Im Herzen jung geblieben

„Unsere Oma ist die beste auf der Welt“, sagen die Enkel von Franziska Laurer, die mit vielen Gratulanten ihren 80. feierte.

Die Achtzigerin Fanni Laurer (vorne mit Blumen), der man das hohe Alter nicht ansieht, mit ihrem Mann, ihrer Schwester Hilde, den vier Söhnen, zwei Schwiegertöchtern, Enkelkindern und Vereinsvertreterinnen Foto: kbi
Die Achtzigerin Fanni Laurer (vorne mit Blumen), der man das hohe Alter nicht ansieht, mit ihrem Mann, ihrer Schwester Hilde, den vier Söhnen, zwei Schwiegertöchtern, Enkelkindern und Vereinsvertreterinnen Foto: kbi

Eschlkam.Mit großem Bahnhof hat die „Laurer Fanni“ – Franziska Laurer – vor kurzem mit ihrer großen Familie, ihren Freundinnen und Vereinsabordnungen ihren 80. Geburtstag in der „Hofstub’n“ gefeiert. Obwohl das „Geburtstagskind“ schon schwer krank war, hat es sich die Lebensfreude nicht nehmen lassen. Dass es der Jubilarin wieder gut geht, dafür sei sie dem Herrgott unendlich dankbar, sagt sie. Dazu ist die Fanni im Herzen jung geblieben, ist überall gerne gesehen, wird von ihrer Familie geliebt und gebraucht.

Fanni kam im Böhmerwald, in Schneiderhof, zur Welt.
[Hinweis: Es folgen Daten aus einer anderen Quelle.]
-- ===== src/Types/Pool/Bytes.antt =====
-- What types/pool.go reads accounts with: checked slices of the raw bytes, little-endian words, and
-- the comparison of byte slices.
use native.Mathlib.Nat.{pow-suc}
use margin_offer_system.Base.{
  ℕ, zero, suc, ◌⊎◌, inl, inr, ◌+◌, ◌-◌, ◌*◌, ◌/◌, ◌%◌, ◌^◌, ◌≤◌, ◌<◌, String, ◌≡◌, refl, Bool,
  true, false, not, List, [], ◌∷◌, ◌++◌, arith, ltb, eqb, if◌then◌else◌, length, take, drop,
  length-drop, ap, ◌∙◌, sym, length-append, drop-drop,
}
use margin_offer_system.Base.Int.{ℤ, pos, negsuc}

-- A value, or the text of an error of `fmt.Errorf`.
pub data Decoded {ℓ} (A : Type ℓ) : Type ℓ where
  ok : A → Decoded A
  err : String → Decoded A

infixl 5 ◌>>=◌
abbrev pub ◌>>=◌ {ℓ κ} : {A : Type ℓ} {B : Type κ} → Decoded A → (A → Decoded B) → Decoded B
ok a >>= f = f a
err e >>= f = err e

pub Decoded-cases {ℓ} :
    {A : Type ℓ} (x : Decoded A) → ((a : A) × (x ≡ ok a)) ⊎ ((e : String) × (x ≡ err e))
Decoded-cases (ok a) = inl (a, refl)
Decoded-cases (err e) = inr (e, refl)

-- A step that succeeds hands its value on.
pub bind_ok :
    {A B : Type 0} {x : Decoded A} {a : A} (f : A → Decoded B) → x ≡ ok a → (x >>= f) ≡ f a
bind_ok f h = ap (λ y. y >>= f) h

-- `if offset+n > len(data) { return ... }`, then `data[offset : offset+n]` and `offset += n`.
unfoldable pub read : ℕ → String → List ℕ → ℕ → Decoded (List ℕ × ℕ)
read n message bytes offset =
    if ltb (length bytes) (offset + n)
    then err message
    else ok (take n (drop offset bytes), offset + n)

-- `binary.LittleEndian.Uint64` and `Uint16`, and a single byte.
unfoldable pub le_value : List ℕ → ℕ
le_value [] = 0
le_value (b ∷ bytes) = b + 256 * le_value bytes

-- `int64(...)` of an unsigned word.
unfoldable pub signed64 : ℕ → ℤ
signed64 w = if ltb w (2 ^ 63) then pos w else negsuc (2 ^ 64 - w - 1)

-- The loop of `bytesEqual`, over slices of one length.
same_bytes : List ℕ → List ℕ → Bool
same_bytes [] bs = true
same_bytes (a ∷ as') [] = true
same_bytes (a ∷ as') (b ∷ bs) = let rest = same_bytes as' bs in if eqb a b then rest else false

-- `bytesEqual`
unfoldable pub bytes_equal : List ℕ → List ℕ → Bool
unfolding same_bytes
bytes_equal a b = if eqb (length a) (length b) then same_bytes a b else false

-- The first eight bytes, if there are so many and they are the discriminator.
unfoldable pub check_discriminator : String → String → List ℕ → List ℕ → Decoded (Unit {0})
unfolding bytes_equal
check_discriminator short invalid expected bytes =
    if ltb (length bytes) 8
    then err short
    else if not (bytes_equal (take 8 bytes) expected)
    then err invalid
    else ok tt

-- The `n` low bytes of a number, the lowest first.
unfoldable pub le_bytes : ℕ → ℕ → List ℕ
le_bytes zero v = []
le_bytes (suc n) v = (v % 256) ∷ le_bytes n (v / 256)

pub length-le_bytes : (n v : ℕ) → length (le_bytes n v) ≡ n
unfolding le_bytes
length-le_bytes zero v = refl
length-le_bytes (suc n) v = ap suc (length-le_bytes n (v / 256))

pub le_value-le_bytes : (n v : ℕ) → v < 256 ^ n → le_value (le_bytes n v) ≡ v
unfolding le_bytes le_value
le_value-le_bytes zero v h = omega arith
le_value-le_bytes (suc n) v h =
    let k : v < 256 ^ n * 256 = rw (← pow-suc) h in
    omega (arith, le_value-le_bytes n (v / 256) (omega arith))

take-append : {A : Type 0} (f rest : List A) → take (length f) (f ++ rest) ≡ f
take-append [] rest = refl
take-append (x ∷ f) rest = ap (◌∷◌ x) (take-append f rest)

drop-append : {A : Type 0} (f rest : List A) → drop (length f) (f ++ rest) ≡ rest
drop-append [] rest = refl
drop-append (x ∷ f) rest = drop-append f rest

-- A field that stands at the offset is read whole, and the offset is left behind it.
pub read_lem :
    (n : ℕ) (message : String) (bytes : List ℕ) (offset : ℕ) (f rest : List ℕ)
    → 0 < n
    → drop offset bytes ≡ f ++ rest
    → length f ≡ n
    → (read n message bytes offset ≡ ok (f, offset + n)) × (drop (offset + n) bytes ≡ rest)
unfolding read
read_lem n message bytes offset f rest pos_n at len =
    let room : offset + n ≤ length bytes =
      omega (arith, length-drop offset bytes, ap length at, length-append f rest, len) in
    let taken : take n (drop offset bytes) ≡ f =
      ap (take n) at ∙ ap (λ (k : ℕ). take k (f ++ rest)) (sym len) ∙ take-append f rest in
    let left : drop n (drop offset bytes) ≡ rest =
      ap (drop n) at ∙ ap (λ (k : ℕ). drop k (f ++ rest)) (sym len) ∙ drop-append f rest in
    (ground (arith, room, taken), sym (drop-drop offset n bytes) ∙ left)

-- A field that the data ends in is refused, with the text given for it.
pub read-short :
    (n : ℕ) (message : String) (bytes : List ℕ) (offset : ℕ) (f : List ℕ)
    → drop offset bytes ≡ f
    → length f < n
    → read n message bytes offset ≡ err message
unfolding read
read-short n message bytes offset f at short =
    let room : length bytes < offset + n = omega (arith, length-drop offset bytes, ap length at) in
    ground (arith, room)

same_bytes_self : (bs : List ℕ) → same_bytes bs bs ≡ true
unfolding same_bytes
same_bytes_self [] = refl
same_bytes_self (b ∷ bs) = let rest = same_bytes_self bs in ground (arith, rest)

-- Data that starts with the discriminator passes the check, and the fields start behind it.
pub check_discriminator-accepts :
    (short invalid : String) (expected fields : List ℕ)
    → length expected ≡ 8
    → (check_discriminator short invalid expected (expected ++ fields) ≡ ok tt)
      × (drop 8 (expected ++ fields) ≡ fields)
unfolding check_discriminator bytes_equal
check_discriminator-accepts short invalid expected fields len =
    let head : take 8 (expected ++ fields) ≡ expected =
      ap (λ (k : ℕ). take k (expected ++ fields)) (sym len) ∙ take-append expected fields in
    let tail : drop 8 (expected ++ fields) ≡ fields =
      ap (λ (k : ℕ). drop k (expected ++ fields)) (sym len) ∙ drop-append expected fields in
    let same = same_bytes_self expected in
    let room = length-append expected fields in (ground (arith, head, same, room, len), tail)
Sie ging mit ihrer Schwester zur Schule, dann kam die Aussiedelung. In Tretting fand die Familie eine Bleibe, zog später nach Arnschwang. Fanni absolvierte die Realschule und arbeitete im Büro. Sie heiratete Ludwig Laurer, kam so nach Stachesried und schenkte vier Söhnen das Leben. Heute sind ihre Enkel ihr ganzer Stolz, für die sie „die beste Oma der Welt“ ist. Mit ihrem Mann bewirtschaftete sie die Landwirtschaft, die sie dann verpachteten. Dazu reist das „Geburtstagskind“ gerne mit Freundinnen, sie war schon in Amerika, Thailand und in vielen Ländern mehr.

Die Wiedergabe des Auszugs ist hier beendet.